#### Problem to work on:
If a line in the entries below includes "unfoldable", show that line.

#### Input data:
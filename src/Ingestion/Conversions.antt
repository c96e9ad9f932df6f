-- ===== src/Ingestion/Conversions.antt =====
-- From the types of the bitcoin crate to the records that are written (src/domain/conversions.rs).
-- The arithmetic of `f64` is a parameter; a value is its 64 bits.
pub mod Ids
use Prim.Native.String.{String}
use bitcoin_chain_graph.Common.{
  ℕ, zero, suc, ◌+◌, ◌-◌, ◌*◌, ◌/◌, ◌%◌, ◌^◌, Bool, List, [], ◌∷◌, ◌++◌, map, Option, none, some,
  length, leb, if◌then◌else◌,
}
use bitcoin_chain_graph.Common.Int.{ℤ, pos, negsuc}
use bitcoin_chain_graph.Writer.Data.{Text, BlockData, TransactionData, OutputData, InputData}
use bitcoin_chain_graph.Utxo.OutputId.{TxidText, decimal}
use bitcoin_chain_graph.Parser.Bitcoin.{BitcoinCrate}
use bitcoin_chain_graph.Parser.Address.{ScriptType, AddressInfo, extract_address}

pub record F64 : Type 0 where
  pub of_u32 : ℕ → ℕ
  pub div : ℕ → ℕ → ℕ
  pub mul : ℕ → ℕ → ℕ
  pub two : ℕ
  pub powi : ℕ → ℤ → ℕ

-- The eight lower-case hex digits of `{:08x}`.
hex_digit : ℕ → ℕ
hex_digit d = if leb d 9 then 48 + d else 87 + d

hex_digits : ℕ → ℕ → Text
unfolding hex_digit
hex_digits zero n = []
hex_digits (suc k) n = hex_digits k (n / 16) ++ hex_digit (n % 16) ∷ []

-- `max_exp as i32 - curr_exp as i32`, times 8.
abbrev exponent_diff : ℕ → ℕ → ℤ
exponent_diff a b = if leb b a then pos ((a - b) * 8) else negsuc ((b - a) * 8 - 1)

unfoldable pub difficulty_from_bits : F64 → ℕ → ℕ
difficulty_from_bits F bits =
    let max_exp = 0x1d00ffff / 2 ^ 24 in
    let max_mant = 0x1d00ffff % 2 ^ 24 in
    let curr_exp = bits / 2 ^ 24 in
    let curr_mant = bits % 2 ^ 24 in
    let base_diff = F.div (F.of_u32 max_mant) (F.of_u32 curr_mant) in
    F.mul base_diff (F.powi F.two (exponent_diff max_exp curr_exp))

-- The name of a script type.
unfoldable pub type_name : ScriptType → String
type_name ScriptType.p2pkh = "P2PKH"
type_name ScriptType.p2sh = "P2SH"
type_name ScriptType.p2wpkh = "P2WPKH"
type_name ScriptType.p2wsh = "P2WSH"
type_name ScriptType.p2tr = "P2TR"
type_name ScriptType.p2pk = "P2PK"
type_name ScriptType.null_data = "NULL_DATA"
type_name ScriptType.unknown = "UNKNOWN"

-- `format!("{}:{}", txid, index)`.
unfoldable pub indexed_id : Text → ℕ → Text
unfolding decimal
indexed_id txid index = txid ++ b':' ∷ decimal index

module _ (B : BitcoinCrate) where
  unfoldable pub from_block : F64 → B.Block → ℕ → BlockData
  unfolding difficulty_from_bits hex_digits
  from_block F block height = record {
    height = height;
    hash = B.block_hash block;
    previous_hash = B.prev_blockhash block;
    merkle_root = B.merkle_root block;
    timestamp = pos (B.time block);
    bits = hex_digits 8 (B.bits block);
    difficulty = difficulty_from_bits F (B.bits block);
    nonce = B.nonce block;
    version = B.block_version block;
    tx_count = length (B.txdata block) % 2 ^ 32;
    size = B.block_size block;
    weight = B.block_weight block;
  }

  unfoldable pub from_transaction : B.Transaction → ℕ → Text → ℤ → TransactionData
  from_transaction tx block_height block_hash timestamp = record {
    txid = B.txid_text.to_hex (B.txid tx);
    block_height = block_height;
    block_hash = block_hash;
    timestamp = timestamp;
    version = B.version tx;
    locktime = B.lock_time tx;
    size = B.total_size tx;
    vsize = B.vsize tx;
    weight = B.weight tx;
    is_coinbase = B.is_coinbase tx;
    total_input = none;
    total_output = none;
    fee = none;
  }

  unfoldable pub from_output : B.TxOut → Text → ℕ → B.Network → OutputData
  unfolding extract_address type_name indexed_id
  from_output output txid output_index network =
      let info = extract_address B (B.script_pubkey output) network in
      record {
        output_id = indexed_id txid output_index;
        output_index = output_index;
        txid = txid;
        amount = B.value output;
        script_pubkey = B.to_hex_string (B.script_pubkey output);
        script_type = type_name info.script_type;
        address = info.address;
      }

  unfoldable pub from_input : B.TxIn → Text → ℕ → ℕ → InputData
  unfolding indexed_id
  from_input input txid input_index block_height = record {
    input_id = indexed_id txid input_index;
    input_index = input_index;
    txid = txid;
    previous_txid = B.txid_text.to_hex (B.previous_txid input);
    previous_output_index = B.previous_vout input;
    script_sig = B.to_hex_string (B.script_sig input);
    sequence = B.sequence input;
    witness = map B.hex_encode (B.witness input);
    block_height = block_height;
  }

#### Answer to this exercise:
unfoldable pub difficulty_from_bits : F64 → ℕ → ℕ
unfoldable pub type_name : ScriptType → String
unfoldable pub indexed_id : Text → ℕ → Text
  unfoldable pub from_block : F64 → B.Block → ℕ → BlockData
  unfoldable pub from_transaction : B.Transaction → ℕ → Text → ℤ → TransactionData
  unfoldable pub from_output : B.TxOut → Text → ℕ → B.Network → OutputData
  unfoldable pub from_input : B.TxIn → Text → ℕ → ℕ → InputData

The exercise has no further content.